Even where a subscriber specifically didn't want their certs logged and the CA doesn't currently log everything if there's ever a problem it'll get logged. This is because both Google and Mozilla will ask to see all the affected certificates, and logging them is the easiest way to satisfy this requirement. If a CA seems to be trying to dodge this usually participants will take whatever form the CA did provide and upload it to the logs. Google's logs don't care who gives them a cert, they can independently determine that it's authentic so they'll log it.
Yeah, but I feel there's at least like a 30%+ chance that their attempt to make this mandatory will stop in its tracks. I just don't see corporations being okay with it.
Mandatory logging is a necessary element of the CT design. What we have today is basically like the trial demo of the game. Full CT requires the completion of "gossip protocols", log auditor third parties which detect inconsistencies and a bunch of other stuff that exists today only in the laboratory, you haven't seen the half of it.
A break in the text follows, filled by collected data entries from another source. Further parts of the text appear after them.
-- ===== src/Storage/KvStore/Encoding.antt =====
-- The snapshot format of the store: `serialize` and `deserialize` against each other.
use my_etcd.Base.{
  ℕ, suc, ◌+◌, ◌*◌, ◌/◌, ◌%◌, ◌^◌, ◌<◌, ◌≡◌, refl, ap, sym, subst, ◌∙◌, arith, true, false,
  Bool-cases, inl, inr, List, [], ◌∷◌, ◌++◌, append_assoc, append-nil, some, ltb, ◌>>=◌, length,
  take, drop, map, Bytes, bytes_key, get_or_else, str_eq, str_eq_iff, str_lt, str_lt_irrefl,
  str_lt_trans, length-append,
}
use my_etcd.OrdMap.{lookup, insert, IsOrdered, Above}
use my_etcd.Storage.Backend
use my_etcd.Storage.Backend.{Backend, batch_put}
use my_etcd.Storage.KvStore.{
  KvStore, serialize, deserialize, write_u32, write_str, write_pairs, read_u32, read_str, read_body,
  read_pairs, load_pairs,
}

read_u32-write_u32 :
    (v : ℕ) (rest : Bytes) → v < 2 ^ 32 → read_u32 (write_u32 v ++ rest) ≡ some (v, rest)
unfolding read_u32 write_u32
read_u32-write_u32 v rest h =
    let e : v % 256
          + (v / 256) % 256 * 256
          + (v / 65536) % 256 * 65536
          + (v / 16777216) % 256 * 16777216
        ≡ v =
      omega arith in
    rw e refl

take-prefix {ℓ} : {A : Type ℓ} (xs ys : List A) → take (length xs) (xs ++ ys) ≡ xs
take-prefix [] ys = refl
take-prefix (x ∷ xs) ys = ap (◌∷◌ x) (take-prefix xs ys)

drop-prefix {ℓ} : {A : Type ℓ} (xs ys : List A) → drop (length xs) (xs ++ ys) ≡ ys
drop-prefix [] ys = refl
drop-prefix (x ∷ xs) ys = drop-prefix xs ys

read_body-append : (s rest : Bytes) → read_body (length s, s ++ rest) ≡ (s, rest)
read_body-append s rest =
    let long : ltb (length (s ++ rest)) (length s) ≡ false = ground (arith, length-append s rest) in
    rw long (
      ap (λ a. (a, drop (length s) (s ++ rest))) (take-prefix s rest)
      ∙ ap (λ b. (s, b)) (drop-prefix s rest))

read_str-write_str :
    (s rest : Bytes) → length s < 2 ^ 32 → read_str (write_str s ++ rest) ≡ some (s, rest)
unfolding read_str write_str
read_str-write_str s rest h =
    let small : length s % 2 ^ 32 ≡ length s = omega arith in
    ap (λ n. read_u32 ((write_u32 n ++ s) ++ rest) >>= λ p. some (read_body p)) small
    ∙ ap (λ l. read_u32 l >>= λ p. some (read_body p)) (append_assoc (write_u32 (length s)) s rest)
    ∙ ap (λ o. o >>= λ p. some (read_body p)) (read_u32-write_u32 (length s) (s ++ rest) h)
    ∙ ap some (read_body-append s rest)

-- Every key and value is shorter than 2^32 bytes.
abbrev pub Fits : Backend → Type 0
Fits [] = Unit
Fits ((k, v) ∷ m) = (length k < 2 ^ 32) × (length v < 2 ^ 32) × Fits m

-- The pairs, written one by one.
unfoldable encode_pairs : Backend → Bytes
encode_pairs [] = []
encode_pairs ((k, v) ∷ m) = write_str k ++ (write_str v ++ encode_pairs m)

read_pairs_more :
    (n : ℕ) (kvs : Backend) (bytes key rest : Bytes)
    → read_str bytes ≡ some (key, rest)
    → read_pairs (suc n) kvs bytes
      ≡ (read_str rest >>= λ (value, rest'). read_pairs n (insert key value kvs) rest')
unfolding read_pairs read_str read_u32
read_pairs_more n kvs [] key rest h = cc
read_pairs_more n kvs (x ∷ bytes) key rest h =
    ap
      (λ o. o >>= λ (k, r).
        (unfold read_pairs read_str in read_str r) >>= λ (v, r'). read_pairs n (insert k v kvs) r')
      h

read_no_pairs : (kvs : Backend) (bytes : Bytes) → read_pairs 0 kvs bytes ≡ some kvs
unfolding read_pairs
read_no_pairs kvs bytes = refl

read_pairs-encode_pairs :
    (m acc : Backend) → Fits m → read_pairs (length m) acc (encode_pairs m) ≡ some (batch_put m acc)
unfolding encode_pairs batch_put
read_pairs-encode_pairs [] acc h = read_no_pairs acc []
read_pairs-encode_pairs ((k, v) ∷ m) acc h =
    read_pairs_more (length m) acc _ k (write_str v ++ encode_pairs m)
      (read_str-write_str k (write_str v ++ encode_pairs m) h.0)
    ∙ ap (λ o. o >>= λ (value, rest'). read_pairs (length m) (insert k value acc) rest')
        (read_str-write_str v (encode_pairs m) h.1)
    ∙ read_pairs-encode_pairs m (insert k v acc) h.2

differs : (k j : Bytes) → str_lt k j ≡ true → str_eq k j ≡ false
differs k j h = elim (Bool-cases (str_eq k j)) [
  | inl same ↦
      ground (arith, str_lt_irrefl j, subst (λ i. str_lt i j ≡ true) ((str_eq_iff k j).0 same) h)
  | inr differ ↦ differ
]

-- The lookups that the writer makes find the pairs of `m`.
abbrev Finds : Backend → Backend → Type 0
Finds b [] = Unit
Finds b ((k, v) ∷ m) = (lookup k b ≡ some v) × Finds b m

Finds-cons : (k v : Bytes) (b m : Backend) → Above k m → Finds b m → Finds ((k, v) ∷ b) m
unfolding lookup
Finds-cons k v b [] a f = tt
Finds-cons k v b ((j, w) ∷ m) a f =
    (ground (arith, str_eq_iff k j, str_lt_irrefl k, differs k j a.0), Finds-cons k v b m a.1 f.1)

IsOrdered-Finds : (b : Backend) → IsOrdered b → Finds b b
unfolding lookup
IsOrdered-Finds [] h = tt
IsOrdered-Finds ((k, v) ∷ b) h =
    (rw ((str_eq_iff k k).1 refl) refl, Finds-cons k v b b h.0 (IsOrdered-Finds b h.1))

write_pairs-encode_pairs :
    (b m : Backend) → Finds b m → write_pairs b (Backend.keys m) ≡ encode_pairs m
unfolding write_pairs encode_pairs Backend.keys Backend.get
write_pairs-encode_pairs b [] f = refl
write_pairs-encode_pairs b ((k, v) ∷ m) f =
    ap (λ o. write_str k ++ (write_str (get_or_else o []) ++ write_pairs b (map (λ (j, w). j) m)))
      f.0
    ∙ ap (λ l. write_str k ++ (write_str v ++ l)) (write_pairs-encode_pairs b m f.1)

Above-middle :
    (j : Bytes) (acc m : Backend) (k v : Bytes) → Above j (acc ++ (k, v) ∷ m) → str_lt j k ≡ true
Above-middle j [] m k v a = a.0
Above-middle j ((i, w) ∷ acc) m k v a = Above-middle j acc m k v a.1

insert_last :
    (acc m : Backend) (k v : Bytes)
    → IsOrdered (acc ++ (k, v) ∷ m)
    → insert k v acc ≡ acc ++ (k, v) ∷ []
unfolding insert
insert_last [] m k v h = refl
insert_last ((j, w) ∷ acc) m k v h =
    let before : str_lt j k ≡ true = Above-middle j acc m k v h.0 in
    let not_after : str_lt k j ≡ false =
      ground (arith, str_lt_trans j k j before, str_lt_irrefl j) in
    rw (differs j k before, not_after) (ap (◌∷◌ (j, w)) (insert_last acc m k v h.1))

batch_put-append : (m acc : Backend) → IsOrdered (acc ++ m) → batch_put m acc ≡ acc ++ m
unfolding batch_put
batch_put-append [] acc h = sym (append-nil acc)
batch_put-append ((k, v) ∷ m) acc h =
    ap (batch_put m) (insert_last acc m k v h)
    ∙ batch_put-append m (acc ++ (k, v) ∷ [])
        (subst IsOrdered (sym (append_assoc acc ((k, v) ∷ []) m)) h)
    ∙ append_assoc acc ((k, v) ∷ []) m

length-keys : (b : Backend) → length (Backend.keys b) ≡ length b
unfolding Backend.keys
length-keys [] = refl
length-keys ((k, v) ∷ b) = ap suc (length-keys b)

enough : (n : ℕ) (rest : Bytes) → ltb (length (write_u32 n ++ rest)) 4 ≡ false
unfolding write_u32
enough n rest = ground arith

serialize-encode_pairs :
    (s : KvStore)
    → IsOrdered s.backend
    → serialize s ≡ write_u32 (length s.backend % 2 ^ 32) ++ encode_pairs s.backend
unfolding serialize
serialize-encode_pairs s ord =
    ap (λ n. write_u32 (n % 2 ^ 32) ++ write_pairs s.backend (Backend.keys s.backend))
      (length-keys s.backend)
    ∙ ap (λ l. write_u32 (length s.backend % 2 ^ 32) ++ l)
        (write_pairs-encode_pairs s.backend s.backend (IsOrdered-Finds s.backend ord))

deserialize_more :
    (n : ℕ) (rest : Bytes) (t : KvStore)
    → deserialize (write_u32 n ++ rest) t ≡ (
        read_u32 (write_u32 n ++ rest) >>= λ (count, r).
        read_pairs count [] r >>= λ kvs. some (load_pairs t kvs, true))
unfolding deserialize
deserialize_more n rest t = rw (enough n rest) refl

deserialize-encode_pairs :
    (b : Backend) (t : KvStore)
    → Fits b
    → length b < 2 ^ 32
    → deserialize (write_u32 (length b) ++ encode_pairs b) t
      ≡ some (load_pairs t (batch_put b []), true)
deserialize-encode_pairs b t fits few =
    deserialize_more (length b) (encode_pairs b) t
    ∙ ap
        (λ o.
          o >>= λ (count, rest). read_pairs count [] rest >>= λ kvs. some (load_pairs t kvs, true))
        (read_u32-write_u32 (length b) (encode_pairs b) few)
    ∙ ap (λ o. o >>= λ kvs. some (load_pairs t kvs, true)) (read_pairs-encode_pairs b [] fits)

-- What a store whose pairs are in order serialises, any store reads back: the result is success, with every
-- pair of the first, in key order, put into the second. The conditions are that there are fewer than
-- 2^32 pairs and that each key and value is shorter than 2^32 bytes.
pub deserialize-serialize :
    (s t : KvStore)
    → IsOrdered s.backend
    → Fits s.backend
    → length s.backend < 2 ^ 32
    → deserialize (serialize s) t ≡ some (load_pairs t s.backend, true)
deserialize-serialize s t ord fits few =
    ap (λ bytes. deserialize bytes t) (serialize-encode_pairs s ord)
    ∙ ap (λ n. deserialize (write_u32 n ++ encode_pairs s.backend) t) small
    ∙ deserialize-encode_pairs s.backend t fits few
    ∙ ap (λ kvs. some (load_pairs t kvs, true)) (batch_put-append s.backend [] ord)
  where
    small : length s.backend % 2 ^ 32 ≡ length s.backend
    small = omega arith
The option left open by the Chrome team was what's called redaction. The logged document would be partly redacted by for example removing host names.
It's not impossible that redaction will happen and end up being accepted, but its biggest proponent was Symantec, who are exiting the business after destroying trust by not exercising proper oversight on their relationship with Korea's CrossCert. And frankly the redaction proposed was getting ludicrous anyway. The trouble is that people who most want this, as with Brass Plate companies, aren't just looking to avoid excess publicity. What they want is to act entirely with impunity. And that's exactly what CT is there to prevent.
There's some work (in the CA/B?) to allow "redacting" certain information from CT logs. I don't recall all the details but I do remember reading an e-mail thread (maybe linked from HN?) about it in just the last week or so.
Why? If you are in a corporation and don't want to show your hosts in the CT logs, don't use CAs then. In a company I don't see a problem with rolling out certificates with an own CA.
If you want external access you can still use your own CA. I think one can assume that an employee (with an employee device) has the CA installed. If this is a public host or you can't control the employee devices, then use a public cert, or live with the error message.
On point 6, find the asn, my own service https://ipinfo.io can help you there. Curl ipinfo.io/ANYIP/org and you'll get the ASN info. Also see ipinfo.io/developers for more options such as geolocation, hostname, hosted domains, and more.
WolframAlpha can display subdomains, not sure how and the format is not easy to use. But it works.
How one would one go about finding A domains pointing to specific AS. The target web app in question allows either using their subdomain or pointing to your own. Any ideas how to find those?
If you're looking for physical site ip addresses rather than dns entries, SPF records may be worth looking at (if there are distributed mail servers and outbound mail doesn't all go through a single exit point).
Mail headers may be similarly informative if you can get one or more email messages out from within the office.
I'm surprised at the number of domains that have mis-configured Zpne Transfer even today especially given the fact the the defaults of most popular DNS servers are secure enough.